# Fish jumping out of tank



## Dsharp (Apr 22, 2011)

I have had my planted 25 gallon up and running for a few months now with no issues at all. 
Two weeks ago I went away for a few days and came back to find that one of my SAE jumped out of the tank while I was gone. I chalked this up to a random occurrence.

Since then, I have had 4 of my 6 cherry barbs do the same thing.

As it is a Starphire tank there is no lid of any sort, but I am careful to always leave at least an inch or two of space at the top unfilled.
None of the fish appeared to be stressed or sick in any way and are properly fed.

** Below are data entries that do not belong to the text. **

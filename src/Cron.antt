-- ===== src/Cron.antt =====
-- pkg/cron/cron.go. A round of a cron job is one operation; the loops around the rounds stand in
-- Cron.Loops.
pub mod Validate
pub mod Request
pub mod Resync
pub mod Effects
pub mod Loops
use k8s_athenz_syncer.Common.{
  Bool, true, false, not, ◌&&◌, ◌||◌, Option, none, some, List, [], ◌∷◌, ◌++◌, Bytes, codes,
  bytes_eq, ◌==◌, if◌then◌else◌, is_some,
}
use k8s_athenz_syncer.Go.{Go, ret, panic, items, deref}
use k8s_athenz_syncer.Zms.{DomainData, SignedDomain}
use k8s_athenz_syncer.Util.{
  Util, domain_to_namespace, namespace_to_domain, is_admin_domain, is_namespace_excluded,
  get_admin_domain, get_system_ns_domains,
}
use k8s_athenz_syncer.WorkQueue.{WorkQueue}
use k8s_athenz_syncer.Cluster.{
  GoError, not_found, wrapped, Result, ok, err, NsObject, namespace, other, Caches, Server,
  ConfigMap, get_config_map, create_config_map, update_config_map, ZmsRequest, SignedDomains,
  ZmsAnswer, answered, failed,
}
use k8s_athenz_syncer.World.{World, M, continue, ◌>>=◌, ◌>>◌, done, lift, send, enqueue}
use k8s_athenz_syncer.CrUtil.{is_trust_domain}

-- AthenzContactTimeConfigMap
pub record ContactTimeConfigMap : Type 0 where
  pub cm_namespace : Bytes
  pub cm_name : Bytes
  pub cm_key : Bytes

unfoldable pub validate_domain : Util → Caches → Bytes → Bool
validate_domain u caches domain =
    let exists = is_some (caches.ns_by_key (domain_to_namespace u domain)) in
    if exists || is_admin_domain u domain || is_trust_domain caches domain then true else false

-- apiError.IsNotFound
abbrev pub is_not_found : GoError → Bool
is_not_found not_found = true
is_not_found _ = false

unfoldable pub set_etag : {q : WorkQueue} → Bytes → M q (Unit {0})
set_etag timestamp w = (ret tt, record w { etag = timestamp })

module _ {q : WorkQueue} (server : Server) (cm : ContactTimeConfigMap) where
  -- After the answer of Get. The errors of Create and Update are only logged.
  put_contact_time : ConfigMap → Result (Option ConfigMap) → M q (Unit {0})
  put_contact_time config_map (err e) =
      if is_not_found e
      then (do
        answer ←
            send (create_config_map cm.cm_namespace config_map)
              (λ calls. server.on_create_config_map calls cm.cm_namespace config_map)
        done tt)
      else done tt
  put_contact_time config_map (ok none) = done tt
  put_contact_time config_map (ok (some found)) = do
    answer ←
        send (update_config_map cm.cm_namespace config_map)
          (λ calls. server.on_update_config_map calls cm.cm_namespace config_map)
    done tt

  unfoldable pub update_athenz_contact_time : Bytes → M q (Unit {0})
  unfolding put_contact_time
  update_athenz_contact_time etag = do
    answer ←
        send (get_config_map cm.cm_namespace cm.cm_name)
          (λ calls. server.on_get_config_map calls cm.cm_namespace cm.cm_name)
    put_contact_time (record { name = cm.cm_name; key = cm.cm_key; value = etag }) answer

module _ {q : WorkQueue} (u : Util) (caches : Caches) where
  -- The loop over the answer of ZMS.
  enqueue_valid : List (Option SignedDomain) → M q (Unit {0})
  enqueue_valid [] = done tt
  enqueue_valid (domain ∷ rest) = do
    signed ← lift (deref domain)
    domain_data ← lift (deref signed.domain)
    if validate_domain u caches domain_data.name then enqueue domain_data.name else done tt
    enqueue_valid rest

  unfoldable pub add_system_domains : List Bytes → M q (Unit {0})
  add_system_domains [] = done tt
  add_system_domains (domain ∷ rest) = do
    if not (domain == []) then enqueue domain else done tt
    add_system_domains rest

  unfoldable pub add_admin_system_domains : M q (Unit {0})
  unfolding add_system_domains
  add_admin_system_domains = do
    if not (get_admin_domain u == []) then enqueue (get_admin_domain u) else done tt
    add_system_domains (get_system_ns_domains u)

  resync_namespaces : List NsObject → M q (Unit {0})
  resync_namespaces [] = done tt
  resync_namespaces (other ∷ rest) = resync_namespaces rest
  resync_namespaces (namespace name ∷ rest) = do
    if is_namespace_excluded u name then done tt else enqueue (namespace_to_domain u name)
    resync_namespaces rest

  resync_trust_domains : List Bytes → M q (Unit {0})
  resync_trust_domains [] = done tt
  resync_trust_domains (domain ∷ rest) = do
    if is_some (caches.cr_by_key domain) then enqueue domain else done tt
    resync_trust_domains rest

  -- A round of FullResync.
  unfoldable pub full_resync : M q (Unit {0})
  unfolding resync_namespaces resync_trust_domains
  full_resync = do
    resync_namespaces caches.ns_list
    add_admin_system_domains
    resync_trust_domains caches.cr_trust_values

module _ {q : WorkQueue} (u : Util) (caches : Caches) (server : Server)
    (zms : ZmsRequest → ZmsAnswer) (cm : ContactTimeConfigMap) where
  -- A non-empty etag is kept and written to the config map.
  keep_etag : Bytes → M q (Option GoError)
  keep_etag etag = do
    if not (etag == [])
        then (do set_etag etag; update_athenz_contact_time server cm etag)
        else done tt
    done none

  handle_answer : ZmsAnswer → M q (Option GoError)
  unfolding enqueue_valid keep_etag
  handle_answer (failed e) =
      done (some (wrapped (codes "Error getting latest updated domains from ZMS API") e))
  handle_answer (answered none etag) = keep_etag etag
  handle_answer (answered (some found) etag) = do
    enqueue_valid u caches (items found.domains)
    keep_etag etag

  -- A call of ZMS for the domains that changed since the etag.
  unfoldable pub request_call : M q (Option GoError)
  unfolding handle_answer
  request_call w =
      handle_answer (zms (record { domain = []; meta_only = codes "true"; matching_tag = w.etag }))
        w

Any ideas what could be causing this mass exodus?


----------



## Holidays (Apr 18, 2010)

check the temp, could be too hot...hard to say. Test the water, a few months may not be stable yet. cherry barbs aren't known as jumpers...the size of the tank aren't too small maybe the lighting are too bright... post pictures


----------



## Holidays (Apr 18, 2010)

or put some plants, woods or rocks for hiding place - pictures would help


----------



## Dsharp (Apr 22, 2011)

http://www.gtaaquaria.com/forum/showthread.php?t=25856

This is the tank.

Temps are 25 Celsius.


----------



## Holidays (Apr 18, 2010)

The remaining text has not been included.